**MATERIAL FOR THIS TASK**.
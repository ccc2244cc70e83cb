-- ===== src/Lakehouse/Catalog.antt =====
-- lakehouse/init_catalog.py
pub mod Keeps
pub mod Again
use crypto_streaming_lakehou.Base.{
  ℕ, String, Bool, true, false, ◌&&◌, List, [], ◌∷◌, ◌++◌, text_eq, if◌then◌else◌, Try, ok, raised,
}
use crypto_streaming_lakehou.Lakehouse.Storage.{FileName, placeholder, part, File, Storage}
use crypto_streaming_lakehou.Lakehouse.ExportState.{ExportState}
use crypto_streaming_lakehou.Lakehouse.Uploads.{Upload}
use crypto_streaming_lakehou.Lakehouse.Exporter.{◌then_do◌}

-- A view of the DuckDB file: its name and the directory whose Parquet files it reads.
pub record View : Type 0 where
  pub name : String
  pub directory : List String

-- What lakehouse/ changes: the Parquet files, export_state and the views of the DuckDB file, and
-- the objects in S3.
pub record World (Row : Type 0) : Type 0 where
  pub storage : Storage Row
  pub export_state : ExportState
  pub views : List View
  pub uploads : List Upload

unfoldable pub same_path : List String → List String → Bool
same_path [] [] = true
same_path [] (e ∷ path) = false
same_path (d ∷ dir) [] = false
same_path (d ∷ dir) (e ∷ path) = text_eq d e && same_path dir path

abbrev pub is_placeholder : FileName → Bool
is_placeholder placeholder = true
is_placeholder (part n) = false

-- CREATE OR REPLACE VIEW
unfoldable pub replace_view : View → List View → List View
replace_view v [] = v ∷ []
replace_view v (w ∷ views) =
    let rest = replace_view v views in if text_eq v.name w.name then v ∷ views else w ∷ rest

module _ {Row : Type 0} where
  unfoldable pub has_placeholder : List String → List (File Row) → Bool
  unfolding same_path
  has_placeholder dir [] = false
  has_placeholder dir (f ∷ files) =
      let rest = has_placeholder dir files in
      if is_placeholder f.name && same_path f.directory dir then true else rest

  -- An empty file, if there is none
  unfoldable pub write_placeholder : List String → List (File Row) → List (File Row)
  unfolding has_placeholder
  write_placeholder dir files =
      if has_placeholder dir files
      then files
      else files ++ record { directory = dir; name = placeholder; rows = [] } ∷ []

  abbrev pub with_placeholder : List String → World Row → World Row
  with_placeholder dir w = record w {
    storage = record w.storage { files = write_placeholder dir w.storage.files };
  }

  abbrev pub with_view : String → List String → World Row → World Row
  with_view name dir w = record w {
    views = replace_view record { name = name; directory = dir } w.views;
  }

  -- A statement that raises changes nothing.
  abbrev pub statement :
      Try (Unit {0}) → (World Row → World Row) → World Row → Try (Unit {0}) × World Row
  statement (ok u) change w = (ok tt, change w)
  statement (raised e) change w = (raised e, w)

  -- `perform n` is how the n-th of the statements that can raise ends: mkdir of both directories,
  -- both placeholders, the connection, and both views.
  unfoldable pub init_catalog :
      (ℕ → Try (Unit {0})) → List String → World Row → Try (Unit {0}) × World Row
  unfolding write_placeholder replace_view
  init_catalog perform parquet_base w =
      let vwap_dir = parquet_base ++ "gold_vwap_1min" ∷ [] in
      let trade_stats_dir = parquet_base ++ "gold_trade_stats_1min" ∷ [] in
      statement (perform 0) (λ v. v) w
      then_do statement (perform 1) (λ v. v)
      then_do statement (perform 2) (with_placeholder vwap_dir)
      then_do statement (perform 3) (with_placeholder trade_stats_dir)
      then_do statement (perform 4) (λ v. v)
      then_do statement (perform 5) (with_view "vw_vwap_1min" vwap_dir)
      then_do statement (perform 6) (with_view "vw_trade_stats_1min" trade_stats_dir)
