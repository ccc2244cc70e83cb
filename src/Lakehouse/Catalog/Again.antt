-- ===== src/Lakehouse/Catalog/Again.antt =====
-- A second call of lakehouse/init_catalog.py.
use text.Mathlib.TextEquality.{eq_iff}
use crypto_streaming_lakehou.Base.{
  ℕ, String, true, false, ◌&&◌, List, [], ◌∷◌, ◌++◌, text_eq, Try, ok, raised, ◌≡◌, refl, sym, ap,
  ◌∙◌, inl, inr, Bool-cases, eq_refl,
}
use crypto_streaming_lakehou.Lakehouse.Storage.{placeholder, File}
use crypto_streaming_lakehou.Lakehouse.Exporter.{◌then_do◌}
use crypto_streaming_lakehou.Lakehouse.Catalog.{
  View, World, same_path, is_placeholder, replace_view, has_placeholder, write_placeholder,
  with_placeholder, with_view, statement, init_catalog,
}

same_path_refl : (path : List String) → same_path path path ≡ true
unfolding same_path
same_path_refl [] = refl
same_path_refl (d ∷ path) = rw (eq_refl d) (same_path_refl path)

replace_view_twice :
    (v : View) (views : List View) → replace_view v (replace_view v views) ≡ replace_view v views
unfolding replace_view
replace_view_twice v [] = rw (eq_refl v.name) refl
replace_view_twice v (x ∷ views) = elim (Bool-cases (text_eq v.name x.name)) [
  | inl e ↦ rw (e, eq_refl v.name) refl
  | inr e ↦ rw (e, e) (ap (λ l. x ∷ l) (replace_view_twice v views))
]

false≢true : false ≡ true → ⊥
false≢true h = cc

heads : {a b : View} {xs ys : List View} → a ∷ xs ≡ b ∷ ys → a ≡ b
heads h = cc

tails : {a b : View} {xs ys : List View} → a ∷ xs ≡ b ∷ ys → xs ≡ ys
tails h = cc

-- A view that is there stays there when one of another name is replaced.
replace_view-other :
    (u v : View) (views : List View)
    → text_eq v.name u.name ≡ false
    → replace_view v views ≡ views
    → replace_view v (replace_view u views) ≡ replace_view u views
unfolding replace_view
replace_view-other u v [] differs h = absurd (cc)
replace_view-other u v (x ∷ views) differs h = elim (Bool-cases (text_eq v.name x.name)) [
  | inl e ↦ elim (Bool-cases (text_eq u.name x.name)) [
    | inl k ↦ absurd (
        false≢true (
          sym differs
          ∙ (eq_iff v.name u.name).1
              ((eq_iff v.name x.name).0 e ∙ sym ((eq_iff u.name x.name).0 k))))
    | inr k ↦ rw (k, e) (ap (λ y. y ∷ replace_view u views) (heads (rw e at h)))
  ]
  | inr e ↦ elim (Bool-cases (text_eq u.name x.name)) [
    | inl k ↦ rw (k, differs) (ap (λ l. u ∷ l) (tails (rw e at h)))
    | inr k ↦ rw (k, e) (ap (λ l. x ∷ l) (replace_view-other u v views differs (tails (rw e at h))))
  ]
]

module _ {Row : Type 0} where
  has_placeholder-append :
      (dir : List String) (xs ys : List (File Row))
      → has_placeholder dir xs ≡ true
      → has_placeholder dir (xs ++ ys) ≡ true
  unfolding has_placeholder
  has_placeholder-append dir [] ys h = absurd (cc)
  has_placeholder-append dir (f ∷ xs) ys h =
      elim (Bool-cases (is_placeholder f.name && same_path f.directory dir)) [
        | inl e ↦ rw e refl
        | inr e ↦ rw e (has_placeholder-append dir xs ys (rw e at h))
      ]

  has_placeholder-last :
      (dir : List String) (xs : List (File Row))
      → has_placeholder dir (xs ++ record { directory = dir; name = placeholder; rows = [] } ∷ [])
        ≡ true
  unfolding has_placeholder
  has_placeholder-last dir [] = rw (same_path_refl dir) refl
  has_placeholder-last dir (f ∷ xs) =
      elim (Bool-cases (is_placeholder f.name && same_path f.directory dir)) [
        | inl e ↦ rw e refl
        | inr e ↦ rw e (has_placeholder-last dir xs)
      ]

  has_placeholder-write :
      (dir : List String) (files : List (File Row))
      → has_placeholder dir (write_placeholder dir files) ≡ true
  unfolding write_placeholder
  has_placeholder-write dir files = elim (Bool-cases (has_placeholder dir files)) [
    | inl e ↦ rw (e, e) refl
    | inr e ↦ rw e (has_placeholder-last dir files)
  ]

  has_placeholder-write_other :
      (dir other : List String) (files : List (File Row))
      → has_placeholder dir files ≡ true
      → has_placeholder dir (write_placeholder other files) ≡ true
  unfolding write_placeholder
  has_placeholder-write_other dir other files h = elim (Bool-cases (has_placeholder other files)) [
    | inl e ↦ rw (e, h) refl
    | inr e ↦ rw e (has_placeholder-append dir files _ h)
  ]

  write_placeholder_again :
      (dir : List String) (files : List (File Row))
      → has_placeholder dir files ≡ true
      → write_placeholder dir files ≡ files
  unfolding write_placeholder
  write_placeholder_again dir files h = rw h refl

  then_do-ok :
      (x : Try (Unit {0}) × World Row) (t : Try (Unit {0})) (change : World Row → World Row)
      → (x then_do statement t change).0 ≡ ok tt
      → (x.0 ≡ ok tt) × ((x then_do statement t change).1 ≡ change x.1)
  then_do-ok (ok u, w) (ok v) change h = (refl, refl)
  then_do-ok (ok u, w) (raised e) change h = absurd (cc)
  then_do-ok (raised e, w) t change h = absurd (cc)

  then_do-fixed :
      (x : Try (Unit {0}) × World Row) (t : Try (Unit {0})) (change : World Row → World Row)
      (w : World Row)
      → x.1 ≡ w
      → change w ≡ w
      → (x then_do statement t change).1 ≡ w
  then_do-fixed (ok u, v) (ok _) change w h k = ap change h ∙ k
  then_do-fixed (ok u, v) (raised e) change w h k = h
  then_do-fixed (raised e, v) t change w h k = h

  -- Nothing is left to do: both placeholders and both views are there.
  record IsComplete (base : List String) (w : World Row) : Type 0 where
    vwap_file : with_placeholder (base ++ "gold_vwap_1min" ∷ []) w ≡ w
    trade_stats_file : with_placeholder (base ++ "gold_trade_stats_1min" ∷ []) w ≡ w
    vwap_view : with_view "vw_vwap_1min" (base ++ "gold_vwap_1min" ∷ []) w ≡ w
    trade_stats_view : with_view "vw_trade_stats_1min" (base ++ "gold_trade_stats_1min" ∷ []) w ≡ w

  again-IsComplete :
      (perform : ℕ → Try (Unit {0})) (base : List String) (w : World Row)
      → IsComplete base w
      → (init_catalog perform base w).1 ≡ w
  unfolding init_catalog
  again-IsComplete perform base w c =
      let vwap = base ++ "gold_vwap_1min" ∷ [] in
      let trade_stats = base ++ "gold_trade_stats_1min" ∷ [] in
      let d0 = statement (perform 0) (λ v. v) w in
      let d1 = d0 then_do statement (perform 1) (λ v. v) in
      let s0 = d1 then_do statement (perform 2) (with_placeholder vwap) in
      let s1 = s0 then_do statement (perform 3) (with_placeholder trade_stats) in
      let s2 = s1 then_do statement (perform 4) (λ v. v) in
      let s3 = s2 then_do statement (perform 5) (with_view "vw_vwap_1min" vwap) in
      let c0 = then_do-fixed (ok tt, w) (perform 0) (λ v. v) w refl refl in
      let c1 = then_do-fixed d0 (perform 1) (λ v. v) w c0 refl in
      let e0 = then_do-fixed d1 (perform 2) (with_placeholder vwap) w c1 c.vwap_file in
      let e1 =
        then_do-fixed s0 (perform 3) (with_placeholder trade_stats) w e0 c.trade_stats_file in
      let e2 = then_do-fixed s1 (perform 4) (λ v. v) w e1 refl in
      let e3 = then_do-fixed s2 (perform 5) (with_view "vw_vwap_1min" vwap) w e2 c.vwap_view in
      then_do-fixed s3 (perform 6) (with_view "vw_trade_stats_1min" trade_stats) w e3
        c.trade_stats_view

  -- What a call makes of the world when no statement raises.
  abbrev refreshed : List String → World Row → World Row
  refreshed base w = with_view "vw_trade_stats_1min" (base ++ "gold_trade_stats_1min" ∷ []) (
      with_view "vw_vwap_1min" (base ++ "gold_vwap_1min" ∷ []) (
        with_placeholder (base ++ "gold_trade_stats_1min" ∷ [])
          (with_placeholder (base ++ "gold_vwap_1min" ∷ []) w)))

  refreshed_lem :
      (perform : ℕ → Try (Unit {0})) (base : List String) (w : World Row)
      → (init_catalog perform base w).0 ≡ ok tt
      → (init_catalog perform base w).1 ≡ refreshed base w
  unfolding init_catalog
  refreshed_lem perform base w h =
      let vwap = base ++ "gold_vwap_1min" ∷ [] in
      let trade_stats = base ++ "gold_trade_stats_1min" ∷ [] in
      let d0 = statement (perform 0) (λ v. v) w in
      let d1 = d0 then_do statement (perform 1) (λ v. v) in
      let s0 = d1 then_do statement (perform 2) (with_placeholder vwap) in
      let s1 = s0 then_do statement (perform 3) (with_placeholder trade_stats) in
      let s2 = s1 then_do statement (perform 4) (λ v. v) in
      let s3 = s2 then_do statement (perform 5) (with_view "vw_vwap_1min" vwap) in
      let (h3, e4) = then_do-ok s3 (perform 6) (with_view "vw_trade_stats_1min" trade_stats) h in
      let (h2, e3) = then_do-ok s2 (perform 5) (with_view "vw_vwap_1min" vwap) h3 in
      let (h1, e2) = then_do-ok s1 (perform 4) (λ v. v) h2 in
      let (h0, e1) = then_do-ok s0 (perform 3) (with_placeholder trade_stats) h1 in
      let (g1, e0) = then_do-ok d1 (perform 2) (with_placeholder vwap) h0 in
      let (g0, c1) = then_do-ok d0 (perform 1) (λ v. v) g1 in
      let (_, c0) = then_do-ok (ok tt, w) (perform 0) (λ v. v) g0 in
      e4
      ∙ ap (with_view "vw_trade_stats_1min" trade_stats) (
          e3
          ∙ ap (with_view "vw_vwap_1min" vwap) (
              e2
              ∙ e1
              ∙ ap (with_placeholder trade_stats) (e0 ∙ ap (with_placeholder vwap) (c1 ∙ c0))))

  same_files :
      (w : World Row) {files : List (File Row)}
      → files ≡ w.storage.files
      → record w { storage = record w.storage { files = files } } ≡ w
  same_files w h = ap (λ f. record w { storage = record w.storage { files = f } }) h

  same_views :
      (w : World Row) {views : List View} → views ≡ w.views → record w { views = views } ≡ w
  same_views w h = ap (λ v. record w { views = v }) h

  refreshed-IsComplete : (base : List String) (w : World Row) → IsComplete base (refreshed base w)
  refreshed-IsComplete base w =
      let vwap = base ++ "gold_vwap_1min" ∷ [] in
      let trade_stats = base ++ "gold_trade_stats_1min" ∷ [] in
      let files = write_placeholder vwap w.storage.files in
      let v1 : View = record { name = "vw_vwap_1min"; directory = vwap } in
      let v2 : View = record { name = "vw_trade_stats_1min"; directory = trade_stats } in
      record {
        vwap_file = same_files (refreshed base w) (
            write_placeholder_again vwap _ (
              has_placeholder-write_other vwap trade_stats files
                (has_placeholder-write vwap w.storage.files)));
        trade_stats_file =
            same_files (refreshed base w)
              (write_placeholder_again trade_stats _ (has_placeholder-write trade_stats files));
        vwap_view = same_views (refreshed base w) (
            replace_view-other v2 v1 (replace_view v1 w.views) refl
              (replace_view_twice v1 w.views));
        trade_stats_view =
            same_views (refreshed base w) (replace_view_twice v2 (replace_view v1 w.views));
      }

  -- After a call that did not raise a further call changes neither the files nor the views, whether
  -- it raises or not.
  pub init_catalog_again :
      (perform again : ℕ → Try (Unit {0})) (base : List String) (w : World Row)
      → (init_catalog perform base w).0 ≡ ok tt
      → (init_catalog again base (init_catalog perform base w).1).1
        ≡ (init_catalog perform base w).1
  init_catalog_again perform again base w h =
      let e = refreshed_lem perform base w h in
      ap (λ v. (init_catalog again base v).1) e
      ∙ again-IsComplete again base (refreshed base w) (refreshed-IsComplete base w)
      ∙ sym e
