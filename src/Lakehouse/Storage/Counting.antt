-- ===== src/Lakehouse/Storage/Counting.antt =====
-- How the rows under a directory change as files are written and removed.
use crypto_streaming_lakehou.Base.{
  ℕ, ltb, ◌&&◌, ◌+◌, String, Bool, true, false, List, [], ◌∷◌, ◌++◌, text_eq, ◌≡◌, refl, ap, sym,
  ◌∙◌, arith, append_assoc, Bool-cases, eq_refl, eq_iff, ◌≢◌, append-nil, inl, inr,
}
use crypto_streaming_lakehou.Lakehouse.Storage.{
  Frames, File, Storage, is_under, under, rows_of, read_parquet, rmtree, write_part, count,
}

pub is_under-append : (dir rest : List String) → is_under dir (dir ++ rest) ≡ true
unfolding is_under
is_under-append [] rest = refl
is_under-append (d ∷ dir) rest = rw (eq_refl d) (is_under-append dir rest)

-- No path lies under both.
abbrev pub Apart : List String → List String → Type 0
Apart at dir = (path : List String) → is_under dir path ≡ true → is_under at path ≡ false

pub prefix-Apart : (d : String) (xs ys : List String) → Apart xs ys → Apart (d ∷ xs) (d ∷ ys)
unfolding is_under
prefix-Apart d xs ys h [] e = refl
prefix-Apart d xs ys h (p ∷ path) e = elim (Bool-cases (text_eq d p)) [
  | inl same ↦ rw same (h path (rw same at e))
  | inr other ↦ rw other refl
]

pub names-Apart : (a b : String) (xs ys : List String) → a ≢ b → Apart (a ∷ xs) (b ∷ ys)
unfolding is_under
names-Apart a b xs ys h [] e = refl
names-Apart a b xs ys h (p ∷ path) e = elim (Bool-cases (text_eq a p)) [
  | inl same ↦ absurd (h ((eq_iff a p).0 same ∙ sym ((eq_iff b p).0 (ground (arith)))))
  | inr other ↦ rw other refl
]

pub tables-Apart :
    (a b : String) (base : List String)
    → a ≢ b
    → Apart (base ++ "gold" ∷ a ∷ []) (base ++ "gold" ∷ b ∷ [])
tables-Apart a b [] h = prefix-Apart "gold" (a ∷ []) (b ∷ []) (names-Apart a b [] [] h)
tables-Apart a b (d ∷ base) h = prefix-Apart d _ _ (tables-Apart a b base h)

-- A row with the property whose window starts after the mark.
abbrev pub is_later : {Row : Type 0} → Frames Row → ℕ → (Row → Bool) → Row → Bool
is_later frames mark p row = ltb mark (frames.window_start row) && p row

module _ {Row : Type 0} where
  pub count-append :
      (p : Row → Bool) (xs ys : List Row) → count p (xs ++ ys) ≡ count p xs + count p ys
  count-append p [] ys = omega arith
  count-append p (x ∷ xs) ys = omega (arith, count-append p xs ys)

  pub under-append :
      (dir : List String) (xs ys : List (File Row))
      → under dir (xs ++ ys) ≡ under dir xs ++ under dir ys
  unfolding under
  under-append dir [] ys = refl
  under-append dir (f ∷ xs) ys = elim (Bool-cases (is_under dir f.directory)) [
    | inl e ↦ rw (e, under-append dir xs ys) refl
    | inr e ↦ rw e (under-append dir xs ys)
  ]

  rows_of-append : (xs ys : List (File Row)) → rows_of (xs ++ ys) ≡ rows_of xs ++ rows_of ys
  unfolding rows_of
  rows_of-append [] ys = refl
  rows_of-append (f ∷ xs) ys = rw (rows_of-append xs ys) (sym (append_assoc f.rows _ _))

  pub read_parquet-append :
      (dir : List String) (xs ys : List (File Row))
      → read_parquet dir (xs ++ ys) ≡ read_parquet dir xs ++ read_parquet dir ys
  unfolding read_parquet
  read_parquet-append dir xs ys =
      ap rows_of (under-append dir xs ys) ∙ rows_of-append (under dir xs) _

  -- A part under the directory adds its rows.
  pub read_parquet-write_part :
      (at dir : List String) (rows : List Row) (s : Storage Row)
      → is_under at dir ≡ true
      → read_parquet at (write_part dir rows s).files ≡ read_parquet at s.files ++ rows
  unfolding read_parquet under rows_of
  read_parquet-write_part at dir rows s h =
      read_parquet-append at s.files _ ∙ rw (h, append-nil rows) refl

  pub under-write_part :
      (at dir : List String) (rows : List Row) (s : Storage Row)
      → is_under at dir ≡ false
      → under at (write_part dir rows s).files ≡ under at s.files
  unfolding under
  under-write_part at dir rows s h =
      under-append at s.files _ ∙ rw h (append-nil (under at s.files))

  under-rmtree : (dir : List String) (files : List (File Row)) → under dir (rmtree dir files) ≡ []
  unfolding under rmtree
  under-rmtree dir [] = refl
  under-rmtree dir (f ∷ files) = elim (Bool-cases (is_under dir f.directory)) [
    | inl e ↦ rw e (under-rmtree dir files)
    | inr e ↦ rw (e, e) (under-rmtree dir files)
  ]

  pub read_parquet-rmtree :
      (dir : List String) (files : List (File Row)) → read_parquet dir (rmtree dir files) ≡ []
  unfolding read_parquet rows_of
  read_parquet-rmtree dir files = ap rows_of (under-rmtree dir files)

  pub under-rmtree-Apart :
      (at dir : List String) (files : List (File Row))
      → Apart at dir
      → under at (rmtree dir files) ≡ under at files
  unfolding under rmtree
  under-rmtree-Apart at dir [] h = refl
  under-rmtree-Apart at dir (f ∷ files) h = elim (Bool-cases (is_under dir f.directory)) [
    | inl e ↦ rw (e, h f.directory e) (under-rmtree-Apart at dir files h)
    | inr e ↦ rw (e, under-rmtree-Apart at dir files h) refl
  ]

**ABOUT THIS TASK**.
Check each line above for the string "when" and return those that contain it.

**TASK SOLUTION**.
-- A view that is there stays there when one of another name is replaced.
  -- What a call makes of the world when no statement raises.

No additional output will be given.